Una vicinanza che, più profonda e vera,
entrambi riscoprirono nei pochi giorni che li separavano dal nuovo
anno, immersi in una bolla di felicità.
La Limonaia divenne in quei giorni un andare e
venire di ospiti, amici di famiglia e del burraco di cui Clelia era
un’insospettabile campionessa, e poi ancora la visita di
Giuseppina, di don Gino che fece capolino per una mano di carte e
un bicchiere di vino in compagnia, di Adelina, passata a porgere i
suoi auguri e un cestino di frutta esotica insieme a Mario,
incontrato sulla soglia con il trasportino di Guache ben stretto
nella mano.
Una coincidenza che Dafne accolse con un
sorriso, felice di rivedere la gatta e stupita per il cesto della
vedova Bianchini.
«In segno di ringraziamento per quello che
stai facendo non soltanto per me, ma per tutta Torralta: con il tuo
lavoro ci stai restituendo la memoria, l’amore per quello che
crediamo di aver perso. L’amore per i nostri cari che vivono ancora
dentro di noi e negli oggetti che ci circondano», disse con le mani
raccolte sulla borsetta e un sorriso tirato, quando il suo sguardo
incontrò quello del vinaio, che la ascoltava estasiato. «Inoltre
vorrei ringraziarti personalmente per la bellissima cuccia per la
mia Stella, la trovatella che ho preso con me qualche tempo fa. So
che Mario si è rivolto a te per questo regalo. Da quando è arrivata
a casa, Stella non fa che starsene appallottolata lì tutto il
tempo: la adora, letteralmente. E piace molto anche a me», aggiunse
scostando una ciocca dalla fronte, abbassando gli occhi non appena
sentì sfiorarsi da quelli impazienti di Mario.
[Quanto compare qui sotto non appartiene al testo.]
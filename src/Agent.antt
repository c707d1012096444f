-- ===== src/Agent.antt =====
-- agent: the ledger of run identities, the admission of runs to the engine, and the turn loop.
pub mod Ledger
pub mod Transitions
pub mod Tokens
pub mod Counted
pub mod Counting
pub mod Holding
pub mod Engine
pub mod Lifecycle
pub mod Admission
pub mod Admitting
pub mod Handles
pub mod Preparing
pub mod Steps
pub mod Reached
pub mod Emitter
pub mod Emission
pub mod Draining
pub mod Turn
pub mod Execute
pub mod Balance
pub mod Turns
pub mod Cancelled
pub mod Tools
pub mod Openings
pub mod Rounds
mod Examples
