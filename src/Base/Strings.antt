-- ===== src/Base/Strings.antt =====
-- Go strings and byte slices as lists of bytes, with the two library calls that the source makes on
-- them: comparison, and strings.TrimSpace over UTF-8.
use Prim.Native.Nat.{ℕ}
use mathlib.Core.Path.{◌≡◌, refl}
use mathlib.Core.Logic.{◌↔◌}
use mathlib.Core.Bool.{Bool, true, false, ◌&&◌, ◌||◌, not}
use mathlib.Core.List.{List, [], ◌∷◌, reverse}
use native.Mathlib.Omega.{arith}
use spice_agent.Base.Tests.{ltb, leb, ◌==◌, if◌then◌else◌}

abbrev pub Bytes : Type 0
Bytes = List ℕ

-- Equality of strings.
unfoldable pub bytes_eq : Bytes → Bytes → Bool
bytes_eq [] [] = true
bytes_eq [] (b ∷ bs) = false
bytes_eq (a ∷ as') [] = false
bytes_eq (a ∷ as') (b ∷ bs) = a == b && bytes_eq as' bs

pub bytes_eq_iff : (a b : Bytes) → (bytes_eq a b ≡ true) ↔ (a ≡ b)
unfolding bytes_eq
bytes_eq_iff [] [] = ground arith
bytes_eq_iff [] (b ∷ bs) = ground arith
bytes_eq_iff (a ∷ as') [] = ground arith
bytes_eq_iff (a ∷ as') (b ∷ bs) = ground (arith, bytes_eq_iff as' bs)

pub bytes_eq_refl : (a : Bytes) → bytes_eq a a ≡ true
bytes_eq_refl a = (bytes_eq_iff a a).1 refl

-- The order of strings.
unfoldable pub bytes_ltb : Bytes → Bytes → Bool
bytes_ltb [] [] = false
bytes_ltb [] (b ∷ bs) = true
bytes_ltb (a ∷ as') [] = false
bytes_ltb (a ∷ as') (b ∷ bs) =
    let later = bytes_ltb as' bs in if ltb a b then true else if a == b then later else false

-- unicode.IsSpace by the length of the rune's encoding: U+0009 to U+000D and U+0020 in one byte,
-- U+0085 and U+00A0 in two, U+1680, U+2000 to U+200A, U+2028, U+2029, U+202F, U+205F and U+3000 in
-- three.
unfoldable pub space1 : ℕ → Bool
space1 a = (leb 9 a && leb a 13) || a == 32

unfoldable pub space2 : ℕ → ℕ → Bool
space2 a b = a == 0xc2 && (b == 0x85 || b == 0xa0)

unfoldable pub space3 : ℕ → ℕ → ℕ → Bool
space3 a b c =
    (a == 0xe1 && b == 0x9a && c == 0x80)
    || (a == 0xe2
        && b == 0x80
        && ((leb 0x80 c && leb c 0x8a) || c == 0xa8 || c == 0xa9 || c == 0xaf))
    || (a == 0xe2 && b == 0x81 && c == 0x9f)
    || (a == 0xe3 && b == 0x80 && c == 0x80)

-- Drops leading whitespace; `s2` and `s3` take the bytes in the order in which they are met.
trim_with : (ℕ → ℕ → Bool) → (ℕ → ℕ → ℕ → Bool) → Bytes → Bytes
unfolding space1
trim_with s2 s3 [] = []
trim_with s2 s3 (a ∷ []) = if space1 a then [] else a ∷ []
trim_with s2 s3 (a ∷ b ∷ []) =
    let one = trim_with s2 s3 (b ∷ []) in
    if space1 a then one else if s2 a b then [] else a ∷ b ∷ []
trim_with s2 s3 (a ∷ b ∷ c ∷ r) =
    let one = trim_with s2 s3 (b ∷ c ∷ r) in
    let two = trim_with s2 s3 (c ∷ r) in
    let three = trim_with s2 s3 r in
    if space1 a then one else if s2 a b then two else if s3 a b c then three else a ∷ b ∷ c ∷ r

-- strings.TrimSpace: from the front, then from the back.
unfoldable pub trim_space : Bytes → Bytes
unfolding trim_with space2 space3
trim_space s =
    reverse
      (trim_with (λ a b. space2 b a) (λ a b c. space3 c b a) (reverse (trim_with space2 space3 s)))

-- The test `s == "" || s != strings.TrimSpace(s)`, which many validators make.
unfoldable pub blank_or_padded : Bytes → Bool
unfolding bytes_eq trim_space
blank_or_padded s = bytes_eq s [] || not (bytes_eq s (trim_space s))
«Bene, allora che ne dite di una tazza di tè o
una cioccolata calda per festeggiare?» propose Dafne
indietreggiando per permettere loro di entrare. «Clelia sarà felice
di sapervi qui: ha appena sfornato una teglia del suo pezzo forte,
le meringhe, perciò dovete assolutamente fermarvi ad
assaggiarle.»
«Garantisco sulla loro bontà», intervenne
Milan posando la mano sulla pancia, mentre l’altra planava sul
fianco di Dafne. «Quelle che ha fatto ieri le ho mangiate
praticamente tutte io, e vi posso assicurare che sono deliziose.
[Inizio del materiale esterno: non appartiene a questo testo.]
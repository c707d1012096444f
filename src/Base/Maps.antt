-- ===== src/Base/Maps.antt =====
-- Go maps with string keys, as association lists.
use Prim.Native.Nat.{ℕ, ◌+◌, ◌≤◌}
use mathlib.Core.Path.{◌≡◌, refl, sym, ap, subst, ◌∙◌}
use mathlib.Core.Bool.{true, false}
use mathlib.Core.Logic.{◌⊎◌, inl, inr}
use mathlib.Core.List.{List, [], ◌∷◌}
use mathlib.Core.Option.{Option, none, some}
use native.Mathlib.Omega.{arith}
use spice_agent.Base.Tests.{if◌then◌else◌, if_intro, if_false, Bool-cases}
use spice_agent.Base.Strings.{Bytes, bytes_eq, bytes_eq_refl, bytes_eq_iff}

module _ {ℓ} {A : Type ℓ} where
  unfoldable pub find_key : Bytes → List (Bytes × A) → Option A
  find_key k [] = none
  find_key k ((j, a) ∷ rest) = let later = find_key k rest in if bytes_eq j k then some a else later

  -- The value of a key that is there, or a new key at the end.
  unfoldable pub put_key : Bytes → A → List (Bytes × A) → List (Bytes × A)
  put_key k a [] = (k, a) ∷ []
  put_key k a ((j, b) ∷ rest) =
      let later = put_key k a rest in if bytes_eq j k then (j, a) ∷ rest else (j, b) ∷ later

  unfoldable pub delete_key : Bytes → List (Bytes × A) → List (Bytes × A)
  delete_key k [] = []
  delete_key k ((j, b) ∷ rest) =
      let later = delete_key k rest in if bytes_eq j k then rest else (j, b) ∷ later

  pub find-put_key :
      (k : Bytes) (a : A) (m : List (Bytes × A)) → find_key k (put_key k a m) ≡ some a
  unfolding find_key put_key
  find-put_key k a [] = ground (arith, bytes_eq_refl k)
  find-put_key k a ((j, b) ∷ rest) = ground (arith, bytes_eq_refl k, find-put_key k a rest)

  pub find-put_key_if :
      (k j : Bytes) (a : A) (m : List (Bytes × A))
      → find_key k (put_key j a m) ≡ (if bytes_eq j k then some a else find_key k m)
  unfolding find_key put_key
  find-put_key_if k j a [] = refl
  find-put_key_if k j a ((i, b) ∷ rest) =
      let later = find-put_key_if k j a rest in
      let join : bytes_eq i k ≡ true → bytes_eq j k ≡ true → bytes_eq i j ≡ true =
        λ p q. subst (λ x. bytes_eq i x ≡ true) (sym ((bytes_eq_iff j k).0 q)) p in
      let pass : bytes_eq i j ≡ true → bytes_eq i k ≡ bytes_eq j k =
        λ p. ap (λ x. bytes_eq x k) ((bytes_eq_iff i j).0 p) in
      ground (arith, later, join, pass)

  -- A sum over the values.
  unfoldable pub sum_over : (A → ℕ) → List (Bytes × A) → ℕ
  sum_over f [] = 0
  sum_over f ((j, a) ∷ rest) = f a + sum_over f rest

  pub sum_over-put_key :
      (f : A → ℕ) (k : Bytes) (a old : A) (m : List (Bytes × A))
      → find_key k m ≡ some old
      → sum_over f (put_key k a m) + f old ≡ sum_over f m + f a
  unfolding find_key put_key sum_over
  sum_over-put_key f k a old [] h = absurd (grind arith)
  sum_over-put_key f k a old ((j, b) ∷ rest) h = ground (arith, sum_over-put_key f k a old rest)

  -- No key stands twice, as in a Go map.
  abbrev pub HasDistinctKeys : List (Bytes × A) → Type ℓ
  HasDistinctKeys [] = Unit
  HasDistinctKeys ((j, a) ∷ rest) = (find_key j rest ≡ none) × HasDistinctKeys rest

  pub sum_over-put_fresh :
      (f : A → ℕ) (k : Bytes) (a : A) (m : List (Bytes × A))
      → find_key k m ≡ none
      → sum_over f (put_key k a m) ≡ sum_over f m + f a
  unfolding find_key put_key sum_over
  sum_over-put_fresh f k a [] h = omega arith
  sum_over-put_fresh f k a ((j, b) ∷ rest) h = ground (arith, sum_over-put_fresh f k a rest)

  pub sum_over-delete_key :
      (f : A → ℕ) (k : Bytes) (old : A) (m : List (Bytes × A))
      → find_key k m ≡ some old
      → sum_over f (delete_key k m) + f old ≡ sum_over f m
  unfolding find_key delete_key sum_over
  sum_over-delete_key f k old [] h = absurd (grind arith)
  sum_over-delete_key f k old ((j, b) ∷ rest) h = ground (arith, sum_over-delete_key f k old rest)

  -- The value of a key is part of the sum.
  pub find-le-sum_over :
      (f : A → ℕ) (k : Bytes) (old : A) (m : List (Bytes × A))
      → find_key k m ≡ some old
      → f old ≤ sum_over f m
  find-le-sum_over f k old m h = omega (arith, sum_over-delete_key f k old m h)

  find-delete_none :
      (k j : Bytes) (m : List (Bytes × A))
      → find_key k m ≡ none
      → find_key k (delete_key j m) ≡ none
  unfolding find_key delete_key
  find-delete_none k j [] h = refl
  find-delete_none k j ((i, b) ∷ rest) h = ground (arith, find-delete_none k j rest)

  pub find-delete_key_if :
      (k j : Bytes) (m : List (Bytes × A))
      → HasDistinctKeys m
      → find_key k (delete_key j m) ≡ (if bytes_eq j k then none else find_key k m)
  unfolding find_key delete_key
  find-delete_key_if k j [] h = ground arith
  find-delete_key_if k j ((i, b) ∷ rest) h =
      let later = find-delete_key_if k j rest h.1 in
      let same : bytes_eq i j ≡ true → bytes_eq i k ≡ bytes_eq j k =
        λ p. ap (λ x. bytes_eq x k) ((bytes_eq_iff i j).0 p) in
      let gone : bytes_eq i k ≡ true → find_key k rest ≡ none =
        λ p. subst (λ x. find_key x rest ≡ none) ((bytes_eq_iff i k).0 p) h.0 in
      if_intro
        (λ x.
          find_key k x
          ≡ (if bytes_eq j k then none else if bytes_eq i k then some b else find_key k rest))
        (bytes_eq i j)
        (λ here. elim (Bool-cases (bytes_eq i k)) [
          | inl e ↦ ground (arith, same here, gone e)
          | inr e ↦ ground (arith, same here)
        ])
        (λ there.
          let apart : bytes_eq i k ≡ true → bytes_eq j k ≡ false = λ p.
            elim (Bool-cases (bytes_eq j k)) [
              | inl e ↦ absurd (
                  grind (
                    arith,
                    there,
                    (bytes_eq_iff i j).1 ((bytes_eq_iff i k).0 p ∙ sym ((bytes_eq_iff j k).0 e)),
                  ))
              | inr e ↦ e
            ] in
          elim (Bool-cases (bytes_eq i k)) [
            | inl e ↦ ground (arith, apart e)
            | inr e ↦ ground (arith, later)
          ])

  pub delete_key-HasDistinctKeys :
      (j : Bytes) (m : List (Bytes × A)) → HasDistinctKeys m → HasDistinctKeys (delete_key j m)
  unfolding delete_key
  delete_key-HasDistinctKeys j [] h = tt
  delete_key-HasDistinctKeys j ((i, b) ∷ rest) h =
      if_intro HasDistinctKeys (bytes_eq i j) (λ _. h.1)
        (λ _. (find-delete_none i j rest h.0, delete_key-HasDistinctKeys j rest h.1))

  pub put_key-HasDistinctKeys :
      (k : Bytes) (a : A) (m : List (Bytes × A))
      → HasDistinctKeys m
      → HasDistinctKeys (put_key k a m)
  unfolding put_key find_key
  put_key-HasDistinctKeys k a [] h = (refl, tt)
  put_key-HasDistinctKeys k a ((j, b) ∷ rest) h =
      if_intro HasDistinctKeys (bytes_eq j k) (λ _. h)
        (λ other. (
          find-put_key_if j k a rest
              ∙ if_false (bytes_eq k j) _ _
                  (ground (arith, bytes_eq_iff k j, bytes_eq_iff j k, other, bytes_eq_refl k))
              ∙ h.0,
          put_key-HasDistinctKeys k a rest h.1,
        ))

  -- What is found after a put was put, or was there.
  pub find-put_cases :
      (j k : Bytes) (a b : A) (m : List (Bytes × A))
      → find_key j (put_key k a m) ≡ some b
      → ((j ≡ k) × (b ≡ a)) ⊎ (find_key j m ≡ some b)
  find-put_cases j k a b m h = elim (Bool-cases (bytes_eq k j)) [
    | inl e ↦ inl (sym ((bytes_eq_iff k j).0 e), grind (arith, find-put_key_if j k a m))
    | inr e ↦ inr (ground (arith, find-put_key_if j k a m))
  ]

  -- What is found after a deletion was there, under another key.
  pub find-delete_some :
      (j k : Bytes) (b : A) (m : List (Bytes × A))
      → HasDistinctKeys m
      → find_key j (delete_key k m) ≡ some b
      → (bytes_eq k j ≡ false) × (find_key j m ≡ some b)
  find-delete_some j k b m d h = ground (arith, find-delete_key_if j k m d)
Erano deliziose», si corresse
baciandole la spalla.
Uno sguardo ancora fra lui e Dafne, stretta
nell’abbraccio di un calore ritrovato; c’era complicità fra loro,
empatia, gioia anche là dove le parole non arrivavano, e amore nel
modo in cui Mario scansò la sedia per far accomodare Adelina al
tavolo. Ce n’era persino nel vedere Babette picchiare col muso sul
vetro della finestra affinché la sua padrona si decidesse a farla
entrare in casa.
Una felicità che Dafne aveva temuto di non
assaggiare ancora, dopo la malattia e la fine della relazione con
Ettore. Aveva immaginato la sua vita finita allora e con lei le
scorte di giorni sereni affidate a ciascun essere umano, e spesso
la notte era rimasta sveglia a domandarsi quando tutto sarebbe
finito; la gioia esige un prezzo, lo aveva imparato sulla sua
pelle, e ogni volta che si voltava verso Milan che dormiva nel suo
letto sentiva di stare comprando ore, tempo preso a credito al
banco dei pegni della vita.
Prima o poi qualcuno avrebbe bussato alla sua
porta a riscuotere il debito.
Una donna, forse, come quella che aveva visto
uscire dal Centro culturale francese a Roma.